:: ASSIGNMENT ::
Output the full listing exactly.

Start of Block

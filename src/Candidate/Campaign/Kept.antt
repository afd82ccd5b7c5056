-- ===== src/Candidate/Campaign/Kept.antt =====
-- What the blocking calls with the server keep: whatever depends neither on the counter nor on the
-- creation revision.
use gee_h.Prelude.{ℕ, ◌≡◌, refl, ◌∙◌, List, [], ◌∷◌, Bool-cases, inl, inr, bytes_eq}
use gee_h.Counter.{Counter}
use gee_h.Effect.{and_then, Outcome, returns, throws, Completion}
use gee_h.Etcd.{KeyValue, RequestOp, delete_range_op, TxnRequest, TxnResponse}
use gee_h.Candidate.{Candidate}
use gee_h.Candidate.Campaign.{
  World, ensure, create_node_request, transact, commit, publish_value, take_over, reuse_node,
  node_created, create_node,
}

module _ {W A : Type 0} (call : W → TxnRequest → W × Completion TxnResponse) (f : Candidate → A)
    (counted : (c : Candidate) (ops : Counter) → f (record c { ops = ops }) ≡ f c)
    (revised : (c : Candidate) (n : ℕ) → f (record c { creation_revision = n }) ≡ f c) where
  commit-kept : (req : TxnRequest) (w : World W) → f (commit call req w).0.candidate ≡ f w.candidate
  unfolding commit transact
  commit-kept req w = counted w.candidate _

  pub publish-kept :
      (value : List ℕ) (failure_op : RequestOp) (w : World W)
      → f (publish_value call value failure_op w).0.candidate ≡ f w.candidate
  unfolding publish_value
  publish-kept value failure_op w = commit-kept _ w

  ensured-kept :
      (o : World W × Outcome TxnResponse)
      → f (and_then o (ensure call)).0.candidate ≡ f o.0.candidate
  ensured-kept (w, returns r) = elim (Bool-cases r.succeeded) [
    | inl done ↦ simp done refl
    | inr failed ↦ simp failed refl
  ]
  ensured-kept (w, throws x) = refl

  take_over-kept :
      (kv : KeyValue) (w : World W) → f (take_over call kv w).0.candidate ≡ f w.candidate
  unfolding take_over
  take_over-kept kv w =
      let c = record w.candidate { creation_revision = kv.create_revision } in
      let v = record w { candidate = c } in
      let o = publish_value call c.candidate_value (delete_range_op c.candidate_key) v in
      let noted = revised w.candidate kv.create_revision in
      elim (Bool-cases (bytes_eq kv.value w.candidate.candidate_value)) [
        | inl same ↦ simp same noted
        | inr other ↦ simp other (ensured-kept o ∙ publish-kept _ _ v ∙ noted)
      ]

  reuse_node-kept :
      (rs : List (List KeyValue)) (w : World W)
      → f (reuse_node call rs w).0.candidate ≡ f w.candidate
  unfolding reuse_node
  reuse_node-kept ((kv ∷ []) ∷ []) w = take_over-kept kv w
  reuse_node-kept _ w = refl

  created-kept :
      (o : World W × Outcome TxnResponse)
      → f (and_then o (node_created call)).0.candidate ≡ f o.0.candidate
  unfolding node_created
  created-kept (w, returns r) =
      let c = record w.candidate { creation_revision = r.revision } in
      let noted = revised w.candidate r.revision in
      elim (Bool-cases r.succeeded) [
        | inl done ↦ simp done noted
        | inr there ↦ simp there (reuse_node-kept r.responses (record w { candidate = c }) ∙ noted)
      ]
  created-kept (w, throws x) = refl

  pub create_node-kept : (w : World W) → f (create_node call w).0.candidate ≡ f w.candidate
  unfolding create_node
  create_node-kept w =
      let o = commit call (create_node_request w.candidate) w in
      elim (Bool-cases w.candidate.ops.shutdown) [
        | inl down ↦ simp down refl
        | inr up ↦ simp up (created-kept o ∙ commit-kept _ w)
      ]
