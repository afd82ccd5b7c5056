-- ===== src/Candidate/Campaign/Named.antt =====
-- What `campaign()` and `proclaim()` never change: the candidate's names.
use gee_h.Prelude.{ℕ, ◌≡◌, refl, ◌∙◌, Bool, true, false, List, Bool-cases, inl, inr, arith}
use gee_h.Effect.{and_then, modify, Outcome, returns, throws, Completion}
use gee_h.Etcd.{not_set, TxnRequest, TxnResponse}
use gee_h.Candidate.{Candidate, election_result}
use gee_h.Candidate.Query.{query_predecessor}
use gee_h.Candidate.Campaign.{
  World, method, publish_value, create_node, create_watch_stream, node_and_query, campaign_impl,
  campaign, proclaim, proclaim_rest,
}
use gee_h.Candidate.Campaign.Kept.{publish-kept, create_node-kept}

-- The lease, the key and the prefix.
abbrev pub names_of : Candidate → ℕ × List ℕ × List ℕ
names_of c = (c.lease_id, c.candidate_key, c.election_prefix)

pub query_predecessor-names : (c : Candidate) → names_of (query_predecessor c) ≡ names_of c
unfolding query_predecessor election_result
query_predecessor-names c = ground arith

module _ {W : Type 0} (call : W → TxnRequest → W × Completion TxnResponse) where
  queried-names :
      (o : World W × Outcome (Unit {0}))
      → names_of (and_then o (λ _. method call (modify query_predecessor))).0.candidate
        ≡ names_of o.0.candidate
  queried-names (w, returns t) = query_predecessor-names w.candidate
  queried-names (w, throws x) = refl

  streamed-names :
      (o : World W × Outcome (Unit {0}))
      → names_of (and_then o (λ _. node_and_query call)).0.candidate ≡ names_of o.0.candidate
  unfolding node_and_query
  streamed-names (w, returns t) =
      queried-names (create_node call w)
      ∙ create_node-kept call names_of (λ c ops. refl) (λ c n. refl) w
  streamed-names (w, throws x) = refl

  stream-names :
      (ok : Bool) (w : World W)
      → names_of (create_watch_stream call ok w).0.candidate ≡ names_of w.candidate
  unfolding create_watch_stream
  stream-names true w = refl
  stream-names false w = refl

  pub campaign-names :
      (ok : Bool) (w : World W) → names_of (campaign call ok w).0.candidate ≡ names_of w.candidate
  unfolding campaign campaign_impl
  campaign-names ok w =
      let c = w.candidate in
      let p = record c.promise { retrieved = true } in
      let v = record w { candidate = record c { promise = p } } in
      elim (Bool-cases c.ops.shutdown) [
        | inl down ↦ simp down refl
        | inr up ↦ elim (Bool-cases c.promise.retrieved) [
          | inl again ↦ simp (up, again) refl
          | inr first ↦
              simp (up, first) (streamed-names (create_watch_stream call ok v) ∙ stream-names ok v)
        ]
      ]

  proclaimed-names :
      (new_value : List ℕ) (o : World W × Outcome TxnResponse)
      → names_of (proclaim_rest call new_value o).0.candidate ≡ names_of o.0.candidate
  unfolding proclaim_rest
  proclaimed-names new_value (w, returns r) = ground arith
  proclaimed-names new_value (w, throws x) = refl

  pub proclaim-names :
      (new_value : List ℕ) (w : World W)
      → names_of (proclaim call new_value w).0.candidate ≡ names_of w.candidate
  unfolding proclaim
  proclaim-names new_value w = elim (Bool-cases w.candidate.ops.shutdown) [
    | inl down ↦ simp down refl
    | inr up ↦ simp up (
        proclaimed-names new_value (publish_value call new_value not_set w)
        ∙ publish-kept call names_of (λ c ops. refl) (λ c n. refl) new_value not_set w)
  ]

End of Block

:: COMPLETED EXERCISE ::
filename src/Candidate/Campaign/Kept.antt
repository afd82ccd5b7c5056
-- ===== src/Candidate/Campaign/Kept.antt =====
-- What the blocking calls with the server keep: whatever depends neither on the counter nor on the
-- creation revision.
use gee_h.Prelude.{ℕ, ◌≡◌, refl, ◌∙◌, List, [], ◌∷◌, Bool-cases, inl, inr, bytes_eq}
use gee_h.Counter.{Counter}
use gee_h.Effect.{and_then, Outcome, returns, throws, Completion}
use gee_h.Etcd.{KeyValue, RequestOp, delete_range_op, TxnRequest, TxnResponse}
use gee_h.Candidate.{Candidate}
use gee_h.Candidate.Campaign.{
  World, ensure, create_node_request, transact, commit, publish_value, take_over, reuse_node,
  node_created, create_node,
}

module _ {W A : Type 0} (call : W → TxnRequest → W × Completion TxnResponse) (f : Candidate → A)
    (counted : (c : Candidate) (ops : Counter) → f (record c { ops = ops }) ≡ f c)
    (revised : (c : Candidate) (n : ℕ) → f (record c { creation_revision = n }) ≡ f c) where
  commit-kept : (req : TxnRequest) (w : World W) → f (commit call req w).0.candidate ≡ f w.candidate
  unfolding commit transact
  commit-kept req w = counted w.candidate _

  pub publish-kept :
      (value : List ℕ) (failure_op : RequestOp) (w : World W)
      → f (publish_value call value failure_op w).0.candidate ≡ f w.candidate
  unfolding publish_value
  publish-kept value failure_op w = commit-kept _ w

  ensured-kept :
      (o : World W × Outcome TxnResponse)
      → f (and_then o (ensure call)).0.candidate ≡ f o.0.candidate
  ensured-kept (w, returns r) = elim (Bool-cases r.succeeded) [
    | inl done ↦ simp done refl
    | inr failed ↦ simp failed refl
  ]
  ensured-kept (w, throws x) = refl

  take_over-kept :
      (kv : KeyValue) (w : World W) → f (take_over call kv w).0.candidate ≡ f w.candidate
  unfolding take_over
  take_over-kept kv w =
      let c = record w.candidate { creation_revision = kv.create_revision } in
      let v = record w { candidate = c } in
      let o = publish_value call c.candidate_value (delete_range_op c.candidate_key) v in
      let noted = revised w.candidate kv.create_revision in
      elim (Bool-cases (bytes_eq kv.value w.candidate.candidate_value)) [
        | inl same ↦ simp same noted
        | inr other ↦ simp other (ensured-kept o ∙ publish-kept _ _ v ∙ noted)
      ]

  reuse_node-kept :
      (rs : List (List KeyValue)) (w : World W)
      → f (reuse_node call rs w).0.candidate ≡ f w.candidate
  unfolding reuse_node
  reuse_node-kept ((kv ∷ []) ∷ []) w = take_over-kept kv w
  reuse_node-kept _ w = refl

  created-kept :
      (o : World W × Outcome TxnResponse)
      → f (and_then o (node_created call)).0.candidate ≡ f o.0.candidate
  unfolding node_created
  created-kept (w, returns r) =
      let c = record w.candidate { creation_revision = r.revision } in
      let noted = revised w.candidate r.revision in
      elim (Bool-cases r.succeeded) [
        | inl done ↦ simp done noted
        | inr there ↦ simp there (reuse_node-kept r.responses (record w { candidate = c }) ∙ noted)
      ]
  created-kept (w, throws x) = refl

  pub create_node-kept : (w : World W) → f (create_node call w).0.candidate ≡ f w.candidate
  unfolding create_node
  create_node-kept w =
      let o = commit call (create_node_request w.candidate) w in
      elim (Bool-cases w.candidate.ops.shutdown) [
        | inl down ↦ simp down refl
        | inr up ↦ simp up (created-kept o ∙ commit-kept _ w)
      ]
repository afd82ccd5b7c5056
-- ===== src/Candidate/Campaign/Named.antt =====
-- What `campaign()` and `proclaim()` never change: the candidate's names.
use gee_h.Prelude.{ℕ, ◌≡◌, refl, ◌∙◌, Bool, true, false, List, Bool-cases, inl, inr, arith}
use gee_h.Effect.{and_then, modify, Outcome, returns, throws, Completion}
use gee_h.Etcd.{not_set, TxnRequest, TxnResponse}
use gee_h.Candidate.{Candidate, election_result}
use gee_h.Candidate.Query.{query_predecessor}
use gee_h.Candidate.Campaign.{
  World, method, publish_value, create_node, create_watch_stream, node_and_query, campaign_impl,
  campaign, proclaim, proclaim_rest,
}
use gee_h.Candidate.Campaign.Kept.{publish-kept, create_node-kept}

-- The lease, the key and the prefix.
abbrev pub names_of : Candidate → ℕ × List ℕ × List ℕ
names_of c = (c.lease_id, c.candidate_key, c.election_prefix)

pub query_predecessor-names : (c : Candidate) → names_of (query_predecessor c) ≡ names_of c
unfolding query_predecessor election_result
query_predecessor-names c = ground arith

module _ {W : Type 0} (call : W → TxnRequest → W × Completion TxnResponse) where
  queried-names :
      (o : World W × Outcome (Unit {0}))
      → names_of (and_then o (λ _. method call (modify query_predecessor))).0.candidate
        ≡ names_of o.0.candidate
  queried-names (w, returns t) = query_predecessor-names w.candidate
  queried-names (w, throws x) = refl

  streamed-names :
      (o : World W × Outcome (Unit {0}))
      → names_of (and_then o (λ _. node_and_query call)).0.candidate ≡ names_of o.0.candidate
  unfolding node_and_query
  streamed-names (w, returns t) =
      queried-names (create_node call w)
      ∙ create_node-kept call names_of (λ c ops. refl) (λ c n. refl) w
  streamed-names (w, throws x) = refl

  stream-names :
      (ok : Bool) (w : World W)
      → names_of (create_watch_stream call ok w).0.candidate ≡ names_of w.candidate
  unfolding create_watch_stream
  stream-names true w = refl
  stream-names false w = refl

  pub campaign-names :
      (ok : Bool) (w : World W) → names_of (campaign call ok w).0.candidate ≡ names_of w.candidate
  unfolding campaign campaign_impl
  campaign-names ok w =
      let c = w.candidate in
      let p = record c.promise { retrieved = true } in
      let v = record w { candidate = record c { promise = p } } in
      elim (Bool-cases c.ops.shutdown) [
        | inl down ↦ simp down refl
        | inr up ↦ elim (Bool-cases c.promise.retrieved) [
          | inl again ↦ simp (up, again) refl
          | inr first ↦
              simp (up, first) (streamed-names (create_watch_stream call ok v) ∙ stream-names ok v)
        ]
      ]

  proclaimed-names :
      (new_value : List ℕ) (o : World W × Outcome TxnResponse)
      → names_of (proclaim_rest call new_value o).0.candidate ≡ names_of o.0.candidate
  unfolding proclaim_rest
  proclaimed-names new_value (w, returns r) = ground arith
  proclaimed-names new_value (w, throws x) = refl

  pub proclaim-names :
      (new_value : List ℕ) (w : World W)
      → names_of (proclaim call new_value w).0.candidate ≡ names_of w.candidate
  unfolding proclaim
  proclaim-names new_value w = elim (Bool-cases w.candidate.ops.shutdown) [
    | inl down ↦ simp down refl
    | inr up ↦ simp up (
        proclaimed-names new_value (publish_value call new_value not_set w)
        ∙ publish-kept call names_of (λ c ops. refl) (λ c n. refl) new_value not_set w)
  ]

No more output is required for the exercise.